This is just a column of weird stuff from Iowa. Enjoy.
Gypsy Grave Yard Algona, Iowa. Just north of Algona is a small graveyard with an even smaller graveyard fenced off towards the back. It is said that when the gypsy wagon trains would pass through town back in the 1800's, and one of their flock was sick and dying, instead of taking them further on the journey and not having gypsy hallowed ground to bury them in, they would just bury them there, while still alive!
It's been said that many ghostly figures have been seen hanging around, and if you cross the small fence and walk on the hallowed ground, you will be cursed. This is a favorite haunt for teens.
Euphremies Prall - Taken from an actual obituary published in the Keosauqua Republican in 1881: "Euphremies Prall, who was taken to the insane asylum on the 25th, died there on Saturday last of acute mania. When he left here it required the services of three men to get him to the train. He was one of the most violent lunatics that was ever taken from here. Prall had formerly been a selfish heartless wretch. He had wronged his own aged and widowed mother out of her property, had wronged a sister, and wronged everyone he had an opportunity to. Sometime since, he began to attend some meetings held by a couple of evangelist women. It seems that his conscience became awakened, and his mean and wicked life spread itself out like a panorama before him. The result was he became a raving maniac and died on Saturday last, as above stated."

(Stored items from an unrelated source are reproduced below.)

-- ===== src/Monitor/Published.antt =====
-- Whose health a round of checks publishes (health_monitor.cpp).
use aegis_desk.Prelude.{◌≡◌, refl, Option, none, some, List, [], ◌∷◌, ◌||◌, arith}
use aegis_desk.Prelude.Int.{ℤ}
use aegis_desk.Prelude.Text.{Str, str_eq, str_eq_iff}
use aegis_desk.Prelude.Dict.{Dict, find, find-insert, emplace}
use aegis_desk.Double.{Doubles}
use aegis_desk.Service.Status.{ServiceSummary}
use aegis_desk.Service.Definition.{contains}
use aegis_desk.Metrics.Value.{ServiceMetrics}
use aegis_desk.Health.Status.{HealthStatus}
use aegis_desk.Alerts.Event.{AlertEvent}
use aegis_desk.Alerts.Manager.{is_present}
use aegis_desk.Recovery.Supervision.{Supervision}
use aegis_desk.Monitor.{
  HealthMonitor, Registry, Checked, ids_of, check_all, check_once, check_found,
}

present-emplace :
    (id j : Str) (status : HealthStatus) (m : Dict HealthStatus)
    → is_present (find j (emplace id status m)) ≡ (str_eq id j || is_present (find j m))
unfolding emplace
present-emplace id j status m = ground (arith, str_eq_iff id j, find-insert id j status m)

module _ {D S R : Type 0} ⦃d : Doubles D⦄ (v : Supervision D S) (g : Registry S R)
    (get_latest : Str → Option (ServiceMetrics D)) (sort : List AlertEvent → List AlertEvent)
    -- The registry finds a supervisor under the identifier of its definition.
    (r : R)
    (named : (id : Str) (s : S) → g.find_supervisor r id ≡ some s → (v.definition s).id ≡ id) where
  present-check_found :
      (j : Str) (c : Checked) (s : ServiceSummary) (now : ℤ) (supervisor : Option S)
      → ((t : S) → supervisor ≡ some t → (v.definition t).id ≡ s.id)
      → is_present (find j (check_found v g get_latest sort c s now supervisor).next_health)
        ≡ (str_eq s.id j || is_present (find j c.next_health))
  unfolding check_found
  present-check_found j c s now none h = present-emplace s.id j _ c.next_health
  present-check_found j c s now (some t) h =
      rw (← h t refl) (present-emplace (v.definition t).id j _ c.next_health)

  present-check_all :
      (services : List ServiceSummary) (j : Str) (now : ℤ) (c : Checked)
      → is_present (find j (check_all v g get_latest sort r now c services).next_health)
        ≡ (is_present (find j c.next_health) || contains j (ids_of services))
  unfolding check_all contains
  present-check_all [] j now c = ground arith
  present-check_all (s ∷ services) j now c = ground (
    arith,
    present-check_all services j now
        (check_found v g get_latest sort c s now (g.find_supervisor r s.id)),
    present-check_found j c s now (g.find_supervisor r s.id) (named s.id),
  )

  -- Where the registry finds a supervisor only under its own identifier: after a round of checks
  -- exactly the services that the registry listed have a published health status.
  pub check_once-publishes :
      (m : HealthMonitor) (now : ℤ) (j : Str)
      → is_present (find j (check_once v g get_latest sort r m now).1.latest_health)
        ≡ contains j (ids_of (g.list_services r))
  unfolding check_once find
  check_once-publishes m now j = present-check_all (g.list_services r) j now (record {
    checker = m.health_checker;
    evaluator = m.alert_evaluator;
    next_health = [];
    evaluations = [];
  })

Highway 34 Ghost In Burlington, Iowa, a ghost walks along the Highway at night. He is said to be an escaped slave who died in the 1860's of diphtheria and was buried in the basement of a nearby home. He carries a leather bag and walks westward on the north side of the road between 1 and 2 a.m.
Old Tom Adkins In an unmarked grave in Oakwood Cemetery at Independence is that of Thomas Adkins, who died in Independence in 1879 at the age of 59. According to information in his will Adkins was a slave prior to the Civil War who escaped from his owner. He came to Iowa where he lived, separated from his wife and children in Arkansas. His obituary in an Independence newspaper dated May 1879, reads in part: "Old Tom Atkinsin (Adkins) died last week in his house in the east part of the city. Tom lived as a miser and saved up a fortune. He lived alone and had not even a chair in his house. He once had a wife and children and he willed his estate to his family, except that his wife was to receive none of it if she was living with another man."